- **WHAT THE TASK ASKS**: Throughout the listing that follows, find each line with the word "CowBook" and copy it.

<<<<

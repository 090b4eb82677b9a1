-- ===== src/Smr/Churn.antt =====
-- rust/smr-collections/common/src/churn.rs: the insert/cancel/fill stream, and its application to a
-- store. Timing, RSS and output are left out.
pub mod Stream
pub mod Drive
pub mod Room
pub mod Tracks
pub mod Total
pub mod CowTotal
mod Tests
use hi_perf_cmp.Prelude.{
  ℕ, zero, suc, ◌+◌, ◌-◌, ◌%◌, List, [], ◌∷◌, ◌++◌, none, some, Bool, true, false, ◌==◌, ltb,
  if◌then◌else◌, ◌||◌, get_elem?, set, take, length,
}
use hi_perf_cmp.Prelude.Run.{Run, ok, panic, Cmd, pure, ◌>>=◌, ◌>>◌, gets, modify, unwrap, skip}
use hi_perf_cmp.Prelude.Word.{add64}
use hi_perf_cmp.Smr.Level.{SmrConfig}
use hi_perf_cmp.Smr.Rng
use hi_perf_cmp.Smr.Workload
use hi_perf_cmp.Smr.Book
use hi_perf_cmp.Smr.CowBook

pub data ChurnOp : Type 0 where
  insert : (order_id price qty side : ℕ) → ChurnOp
  cancel : (order_id : ℕ) → ChurnOp
  fill : (order_id : ℕ) → ChurnOp

pub record Churn : Type 0 where
  pub rng : ℕ
  pub live : List ℕ  -- of i64
  pub i : ℕ  -- usize
  pub otr_bps : ℕ  -- u64
  pub levels : ℕ  -- u32
  pub tick : ℕ  -- i64
  pub price_min : ℕ  -- i64

unfoldable pub new : SmrConfig → Churn
new cfg = record {
  rng = Rng.seed;
  live = [];
  i = 0;
  otr_bps = cfg.otr_bps;
  levels = cfg.levels;
  tick = cfg.tick;
  price_min = cfg.price_min;
}

-- A command of the generator, on the churn's own generator.
abbrev pub keep_rng : {A : Type 0} → Run ℕ A → Cmd Churn A
keep_rng (ok a s) c = ok a (record c { rng = s })
keep_rng panic c = panic

abbrev pub on_rng : {A : Type 0} → Cmd ℕ A → Cmd Churn A
on_rng m c = keep_rng (m c.rng) c

-- `Vec::swap_remove`: the last element takes the place of the removed one.
unfoldable pub swap_remove : List ℕ → ℕ → List ℕ
swap_remove xs v = elim (get_elem? xs (length xs - 1)) [
  | none ↦ xs
  | some x ↦ take (length xs - 1) (set xs v x)
]

unfoldable pub insert_op : Cmd Churn ChurnOp
insert_op = do
  c ← gets (λ c. c)
  ins ← on_rng (Workload.next_insert c.i c.levels c.tick c.price_min)
  modify (λ d. record d { i = add64 d.i 1; live = d.live ++ (ins.order_id ∷ []) })
  pure (insert ins.order_id ins.price ins.qty ins.side)

unfoldable pub departure : Bool → ℕ → ChurnOp
departure true id = fill id
departure false id = cancel id

unfoldable pub depart : Cmd Churn ChurnOp
depart = do
  modify (λ c. record c { i = add64 c.i 1 })
  r ← on_rng Workload.draw
  c ← gets (λ c. c)
  v ← on_rng (Workload.checked_mod r (length c.live))
  id ← unwrap (get_elem? c.live v)
  q ← on_rng Workload.draw
  modify (λ d. record d { live = swap_remove d.live v })
  pure (departure (ltb (q % 10000) c.otr_bps) id)

unfoldable pub next_op : Cmd Churn ChurnOp
next_op = do c ← gets (λ c. c); if (c.i % 2 == 0) || (length c.live == 0) then insert_op else depart

-- The trait `ChurnStore`, over a store with state `S`, and `Churn::apply`.
pub record ChurnStore (S : Type 0) : Type 0 where
  pub insert_order : (order_id price qty side : ℕ) → Cmd S (Unit {0})
  pub cancel_order : ℕ → Cmd S (Unit {0})
  pub fill_order : ℕ → Cmd S (Unit {0})

unfoldable pub apply : {S : Type 0} → ChurnStore S → ChurnOp → Cmd S (Unit {0})
apply store (insert id price qty side) = store.insert_order id price qty side
apply store (cancel id) = store.cancel_order id
apply store (fill id) = store.fill_order id

-- `impl ChurnStore for Book`, `impl ChurnStore for CowBook`
abbrev pub book_store : ChurnStore Book.Book
book_store = record {
  insert_order = Book.insert;
  cancel_order = Book.cancel;
  fill_order = Book.fill;
}

abbrev pub cow_store : ChurnStore CowBook.CowBook
cow_store = record {
  insert_order = CowBook.insert;
  cancel_order = CowBook.cancel;
  fill_order = CowBook.fill;
}

-- The driver beside its store, as the cells run them: `prebuild` inserts `n` orders, and `drive`
-- generates and applies `n` ops, as the warmup and the timed loop of `run_churn` do.
abbrev pub Driven : Type 0 → Type 0
Driven S = Churn × S

abbrev pub on_store : {S : Type 0} → Churn → Run S (Unit {0}) → Run (Driven S) (Unit {0})
on_store c (ok u s) = ok u (c, s)
on_store c panic = panic

unfoldable pub step :
    {S : Type 0} → ChurnStore S → Run Churn ChurnOp → S → Run (Driven S) (Unit {0})
step store (ok op c) s = on_store c (apply store op s)
step store panic s = panic

unfoldable pub prebuild : {S : Type 0} → ChurnStore S → ℕ → Cmd (Driven S) (Unit {0})
prebuild store zero = skip
prebuild store (suc n) = (λ d. step store (insert_op d.0) d.1) >> prebuild store n

unfoldable pub drive : {S : Type 0} → ChurnStore S → ℕ → Cmd (Driven S) (Unit {0})
drive store zero = skip
drive store (suc n) = (λ d. step store (next_op d.0) d.1) >> drive store n
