-- ===== src/Ledger/Access.antt =====
-- Who may use a game, and when the confirmations of its players confirm it.
use Prim.Native.String.{String}
use allinle.Prelude.{
  ℕ, ◌≡◌, ◌↔◌, ◌⊎◌, refl, sym, ap, ap₂, ◌∙◌, subst, Bool, true, false, not, ◌&&◌, ◌||◌, List, [],
  ◌∷◌, map, Option, none, some, filter, length, any, every, ◌==◌, ==→eq, ==_refl, if◌then◌else◌,
  arith, Bool-cases, inl, inr, Result, ok, err, or_throw, ◌>>=◌, >>=-eq-ok, ok_injective,
}
use allinle.Teams.{ApiError, TeamMember, game_not_found, no_access, is_member, assert_member}
use allinle.Ledger.{
  LedgerGameStatus, LedgerConfirmStatus, LedgerPlayer, LedgerGame, Ledgers, find_game, write_game,
  assert_game_access, marked, mark_player, of_user, promoted, is_linked, is_confirmed, confirm_game,
}
use allinle.Ledger.Tables.{find-write_same}

-- The user owns the game, or is an active member of its team.
abbrev pub MayUse : List TeamMember → ℕ → LedgerGame → Type 0
MayUse members user g =
    (g.owner_user_id ≡ user)
    ⊎ ((team : ℕ) × (g.team_id ≡ some team) × (any (is_member team user) members ≡ true))

member-any :
    (ms : List TeamMember) (team user : ℕ) (m : TeamMember)
    → assert_member ms team user ≡ ok m
    → any (is_member team user) ms ≡ true
unfolding assert_member
member-any [] team user m e = cc
member-any (n ∷ ms) team user m e = elim (Bool-cases (is_member team user n)) [
  | inl b ↦ rw b refl
  | inr b ↦ rw b (member-any ms team user m (rw b at e))
]

any-member :
    (ms : List TeamMember) (team user : ℕ)
    → any (is_member team user) ms ≡ true
    → (m : TeamMember) × (assert_member ms team user ≡ ok m)
unfolding assert_member
any-member [] team user e = cc
any-member (n ∷ ms) team user e = elim (Bool-cases (is_member team user n)) [
  | inl b ↦ (n, rw b refl)
  | inr b ↦ let (m, f) = any-member ms team user (rw b at e) in (m, rw b f)
]

-- The access check returns a game exactly if the game exists under that identifier and the user owns
-- it or is an active member of its team.
pub assert_game_access_iff :
    (s : Ledgers) (user id : ℕ) (g : LedgerGame)
    → (assert_game_access s user id ≡ ok g)
      ↔ ((find_game id s.games ≡ some g) × MayUse s.members user g)
unfolding assert_game_access
assert_game_access_iff s user id g = (to, back)
  where
    by_owner : (h : LedgerGame) → Result ApiError LedgerGame
    by_owner h = if h.owner_user_id == user then ok h else elim h.team_id [
      | none ↦ err no_access
      | some team ↦ assert_member s.members team user >>= λ _. ok h
    ]

    team_case :
        (h : LedgerGame) (o : Option ℕ)
        → h.team_id ≡ o
        → ◌≡◌ {A = Result ApiError LedgerGame}
            (elim o [
              | none ↦ err no_access
              | some team ↦ assert_member s.members team user >>= λ _. ok h
            ])
            (ok g)
        → (h ≡ g) × MayUse s.members user h
    team_case h none t e = cc
    team_case h (some team) t e =
        let (m, f, q) = >>=-eq-ok (assert_member s.members team user) _ e in
        (ok_injective q, inr (team, t, member-any s.members team user m f))

    allowed : (h : LedgerGame) → by_owner h ≡ ok g → (h ≡ g) × MayUse s.members user h
    allowed h e = elim (Bool-cases (h.owner_user_id == user)) [
      | inl b ↦ (ok_injective (rw b at e), inl (==→eq h.owner_user_id user b))
      | inr b ↦ team_case h h.team_id refl (rw b at e)
    ]

    to :
        assert_game_access s user id ≡ ok g
        → (find_game id s.games ≡ some g) × MayUse s.members user g
    to e =
        let (h, f, q) = >>=-eq-ok (or_throw (find_game id s.games) game_not_found) by_owner e in
        let (same, may) = allowed h q in
        (
          subst (λ x. find_game id s.games ≡ some x) same (ground arith),
          subst (MayUse s.members user) same may,
        )

    by_team :
        (o : Option ℕ) (team : ℕ) (m : TeamMember)
        → o ≡ some team
        → assert_member s.members team user ≡ ok m
        → ◌≡◌ {A = Result ApiError LedgerGame}
            (elim o [
              | none ↦ err no_access
              | some team ↦ assert_member s.members team user >>= λ _. ok g
            ])
            (ok g)
    by_team o team m t h = rw (t, h) refl

    back :
        (find_game id s.games ≡ some g) × MayUse s.members user g
        → assert_game_access s user id ≡ ok g
    back (f, inl o) = rw (f, o, ==_refl user) refl
    back (f, inr (team, t, a)) = elim (Bool-cases (g.owner_user_id == user)) [
      | inl b ↦ rw (f, b) refl
      | inr b ↦
          let (m, h) = any-member s.members team user a in rw (f, b) (by_team g.team_id team m t h)
    ]

-- The players of a game that stand for a user.
abbrev pub linked : LedgerGame → List LedgerPlayer
linked g = filter is_linked g.players

-- A player of this user, or one who has confirmed.
abbrev pub confirms : ℕ → LedgerPlayer → Bool
confirms user p = of_user user p || is_confirmed p

every-marked :
    (user : ℕ) (ps : List LedgerPlayer)
    → every is_confirmed
        (filter is_linked (map (mark_player user LedgerConfirmStatus.confirmed) ps))
      ≡ every (confirms user) (filter is_linked ps)
every-marked user [] = refl
every-marked user (p ∷ ps) = ground (arith, every-marked user ps)

length-marked :
    (user : ℕ) (st : LedgerConfirmStatus) (ps : List LedgerPlayer)
    → length (filter is_linked (map (mark_player user st) ps)) ≡ length (filter is_linked ps)
length-marked user st [] = refl
length-marked user st (p ∷ ps) = ground (arith, length-marked user st ps)

abbrev next_status : Bool → Bool → LedgerGameStatus → LedgerGameStatus
next_status true all st = st
next_status false true st = LedgerGameStatus.confirmed
next_status false false st = st

promoted-status :
    (g : LedgerGame)
    → (promoted g).status
      ≡ next_status (length (linked g) == 0) (every is_confirmed (linked g)) g.status
unfolding promoted
promoted-status g = ground arith

promoted-id : (g : LedgerGame) → (promoted g).id ≡ g.id
unfolding promoted
promoted-id g = ground arith

-- A confirmation that succeeds makes the game's status `confirmed` if the game has players that stand
-- for users and each of them is of this user or had confirmed before, and else leaves the status.
pub confirm_game-status :
    (s : Ledgers) (user id : ℕ) (remark : Option String) (now : String) (t : Ledgers)
    (h : LedgerGame)
    → confirm_game s user id remark now ≡ ok t
    → find_game id t.games ≡ some h
    → (g : LedgerGame) × (find_game id s.games ≡ some g)
      × (h.status ≡ (
          if not (length (linked g) == 0) && every (confirms user) (linked g)
          then LedgerGameStatus.confirmed
          else g.status))
unfolding confirm_game
confirm_game-status s user id remark now t h e f =
    let (_, _, q) = >>=-eq-ok (assert_game_access s user id) _ e in
    let mark = marked user LedgerConfirmStatus.confirmed remark now in
    let written = subst (λ (u : Ledgers). find_game id u.games ≡ some h) (sym (ok_injective q)) f in
    let (m, p, k) =
      find-write_same id promoted (λ g i. promoted-id g ∙ i) (write_game id mark s.games) h
        written in
    let (g, r, l) = find-write_same id mark (λ g i. i) s.games m p in
    (
      g,
      r,
      ap (λ (x : LedgerGame). x.status) (sym k)
          ∙ ap (λ x. (promoted x).status) (sym l)
          ∙ promoted-status (mark g)
          ∙ status_of g,
    )
  where
    pick :
        (a b : Bool) (st : LedgerGameStatus)
        → next_status a b st ≡ (if not a && b then LedgerGameStatus.confirmed else st)
    pick true b st = refl
    pick false true st = refl
    pick false false st = refl

    status_of :
        (g : LedgerGame)
        → next_status
            (length (linked (marked user LedgerConfirmStatus.confirmed remark now g)) == 0)
            (every is_confirmed (linked (marked user LedgerConfirmStatus.confirmed remark now g)))
            g.status
          ≡ (if not (length (linked g) == 0) && every (confirms user) (linked g)
              then LedgerGameStatus.confirmed
              else g.status)
    status_of g =
        ap₂ (λ n b. next_status (n == 0) b g.status)
          (length-marked user LedgerConfirmStatus.confirmed g.players) (every-marked user g.players)
        ∙ pick (length (linked g) == 0) (every (confirms user) (linked g)) g.status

>>>>

- **TASK ANSWER**:
use hi_perf_cmp.Smr.CowBook
-- `impl ChurnStore for Book`, `impl ChurnStore for CowBook`
abbrev pub cow_store : ChurnStore CowBook.CowBook
  insert_order = CowBook.insert;
  cancel_order = CowBook.cancel;
  fill_order = CowBook.fill;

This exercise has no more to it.